Autonomous Vehicle/Video Geometry

[Uncertainty] Sensing

Naranjito 2025. 11. 30. 13:18

 

  • The robot in the image is sending out a green dashed line toward a cylindrical object, representing a measurement (probably range + bearing).

 

  • This is typical of range-bearing sensing, where you get both:

- Distance (range) to the object

- Direction (bearing) of the object

 

 

  • However, uncertainty in these sensors makes localization of objects ambiguous.

 


  • Banana Shape Problem

 

 

- A common nonlinear uncertainty distribution in range-bearing sensing.

- When you only measure distance and angle to an object from one position, your uncertainty in object location is not symmetric — it forms a curved, banana-like shape in 2D.


For example,

 

 

- An object is sensed 20 cm away at a 60° angle.

- But the sensors are imperfect:

Range error: ±1 cm

Bearing error: ±10°

- These errors create uncertainty in the actual object location.

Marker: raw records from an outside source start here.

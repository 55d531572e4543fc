-- ===== src/Engine/Wired/Clears.antt =====
-- src/sfu/join.rs, `handle_join`: the wiring while the stale peers of a joining user go.
use ababilx_chat_sfu.Shared.{
  ℕ, ◌≡◌, ◌∙◌, sym, ap, subst, String, true, false, none, some, List, [], ◌∷◌, arith, if◌then◌else◌,
  ◌==◌, Option-cases, inl, inr, lookup, string_Eq, nat_Eq,
}
use ababilx_chat_sfu.Media.{Deps}
use ababilx_chat_sfu.Tracks.{drop_entries}
use ababilx_chat_sfu.Peer.{Peer}
use ababilx_chat_sfu.Room.{Room, peer_of, removed, subscribe_to_existing}
use ababilx_chat_sfu.Room
use ababilx_chat_sfu.Hall.{seated, Distinct}
use ababilx_chat_sfu.Hall.Vacate.{Distinct-vacate}
use ababilx_chat_sfu.Engine.Seats.{seats_of, seats-remove_first}
use ababilx_chat_sfu.Engine.Join.{Seating, retire_one, retire}
use ababilx_chat_sfu.Engine.Io.Spreads.{OriginsBelow}
use ababilx_chat_sfu.Engine.Wired.Leaves.{OriginsBelow-Shrinks}
use ababilx_chat_sfu.Wiring.{IsFresh}
use ababilx_chat_sfu.Wiring.Drops.{Shrinks, IsFresh-Shrinks}
use ababilx_chat_sfu.Wiring.Rooms.{here, Foreign, IsWired}
use ababilx_chat_sfu.Wiring.Leaves.{
  here-removed, here-peer_of, IsWired-elsewhere, IsWired-removed, Shrinks-peer_of,
}

module _ {d : Deps} where
  -- While the stale peers go: the room that is cleared and the other rooms are wired.
  pub record IsClearing (n : ℕ) (name : String) (rooms : List (String × Room d)) (s : Seating d)
      : Type 0 where
    pub fresh : IsFresh s.arcs
    pub origins : OriginsBelow n s.arcs
    pub distinct : Distinct (seats_of s.room)
    pub absent : here s.room n ≡ false
    pub wired : IsWired s.arcs s.room
    pub others :
        (m : String) (q : Room d)
        → (name == m) ≡ false
        → lookup m rooms ≡ some q
        → Foreign s.room q × IsWired s.arcs q

  module _ (n : ℕ) (name : String) (rooms : List (String × Room d)) where
    same-retire_one :
        (old : ℕ) (s : Seating d)
        → peer_of old s.room ≡ none
        → ((retire_one old s).room ≡ s.room) × ((retire_one old s).arcs ≡ s.arcs)
    unfolding retire_one Room.remove
    same-retire_one old s out = ground (arith, out)

    found-retire_one :
        (old : ℕ) (s : Seating d) (p : Peer d)
        → peer_of old s.room ≡ some p
        → ((retire_one old s).room ≡ removed old s.room)
          × ((retire_one old s).arcs ≡ drop_entries p.tracks_in s.arcs)
    unfolding retire_one Room.remove
    found-retire_one old s p found = ground (arith, found)

    IsClearing-same :
        (s t : Seating d)
        → t.room ≡ s.room
        → t.arcs ≡ s.arcs
        → IsClearing n name rooms s
        → IsClearing n name rooms t
    IsClearing-same s t room arcs c = record {
      fresh = subst IsFresh (sym arcs) c.fresh;
      origins = subst (OriginsBelow n) (sym arcs) c.origins;
      distinct = subst (λ r. Distinct (seats_of r)) (sym room) c.distinct;
      absent = subst (λ r. here r n ≡ false) (sym room) c.absent;
      wired =
          subst (λ r. IsWired t.arcs r) (sym room)
            (subst (λ h. IsWired h s.room) (sym arcs) c.wired);
      others = λ m q other there.
          let (foreign, old) = c.others m q other there in
          (subst (λ r. Foreign r q) (sym room) foreign, subst (λ h. IsWired h q) (sym arcs) old);
    }

    IsClearing-gone :
        (id : ℕ) (s t : Seating d)
        → t.room ≡ removed id s.room
        → here s.room id ≡ true
        → Shrinks id s.arcs t.arcs
        → IsClearing n name rooms s
        → IsClearing n name rooms t
    unfolding removed
    IsClearing-gone id s t room in_room x c =
        let seats : seats_of t.room ≡ seats_of (removed id s.room) = ap seats_of room in
        let mine : (j : ℕ) → here t.room j ≡ (if id == j then false else here s.room j) =
          λ j. ap (seated j) seats ∙ here-removed id s.room j c.distinct in
        record {
          fresh = IsFresh-Shrinks x c.fresh;
          origins = OriginsBelow-Shrinks n x c.origins;
          distinct =
              subst Distinct (sym (seats ∙ seats-remove_first id s.room.peers))
                (Distinct-vacate id (seats_of s.room) c.distinct);
          absent = mine n ∙ ground (arith, c.absent);
          wired = subst (IsWired t.arcs) (sym room) (IsWired-removed x s.room c.distinct c.wired);
          others = λ m q other there.
              let (foreign, old) = c.others m q other there in
              (
                λ j sits. foreign j (ground (arith, mine j, sits)),
                IsWired-elsewhere x q (foreign id in_room) old,
              );
        }

    IsClearing-retire_one :
        (old : ℕ) (s : Seating d)
        → IsClearing n name rooms s
        → IsClearing n name rooms (retire_one old s)
    IsClearing-retire_one old s c = elim (Option-cases (peer_of old s.room)) [
      | inl out ↦
          let (room, arcs) = same-retire_one old s out in
          IsClearing-same s (retire_one old s) room arcs c
      | inr (p, found) ↦
          let (room, arcs) = found-retire_one old s p found in
          IsClearing-gone old s (retire_one old s) room (here-peer_of old s.room p found)
            (subst (Shrinks old s.arcs) (sym arcs)
              (Shrinks-peer_of old s.room p s.arcs c.wired found))
            c
    ]

    pub IsClearing-retire :
        (ids : List ℕ) (s : Seating d)
        → IsClearing n name rooms s
        → IsClearing n name rooms (retire ids s)
    unfolding retire
    IsClearing-retire [] s c = c
    IsClearing-retire (old ∷ ids) s c =
        IsClearing-retire ids (retire_one old s) (IsClearing-retire_one old s c)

- The triangle and green dashed line show the robot and the direction of measurement, while the shaded area suggests the range of possible actual positions.


 

- To model uncertainty, generate 1,000 samples (particles) assuming:

Range r ∈ [19, 21] cm

Angle a ∈ [50°, 70°]

- Then transform to Cartesian coordinates: \( \begin{aligned} x &= r \cos(a) \\ y &= r \sin(a) \end{aligned} \)

 

- This produces a spread of points in 2D space that represent where the object might be.


 

 

- The generated particles form a cloud in a banana-like shape.

- One of them is the actual object, but we don’t know which.

- This motivates using a particle filter — a probabilistic approach that updates the belief of where the object is based on measurements.

- The banana-shaped distribution is not symmetric.

- It is not Gaussian, but a particle cloud.

- A first-order approximation may be fitted to this, but it’s not perfect.

- The transformation from range and bearing to Cartesian is nonlinear.

- We must linearize to apply linear estimation methods.

 


  • Linearization of Nonlinear Equation

 

- Use first-order Taylor expansion around a point \( (r_0, a_0)\) \[ f(x, y) \approx f(r_0, a_0) + \begin{bmatrix} \frac{\partial f}{\partial r} & \frac{\partial f}{\partial a} \end{bmatrix} \begin{bmatrix} r - r_0 \\ a - a_0 \end{bmatrix} \]

- This lets us represent the uncertainty locally using a matrix A (Jacobian) even though the original transformation is nonlinear.

- Here, the linearization point is chosen: \( r_0 = 20\,\text{cm}, \quad a_0 = 60^\circ \)

 

 

- At this point, compute the Jacobian matrix A to approximate the local uncertainty.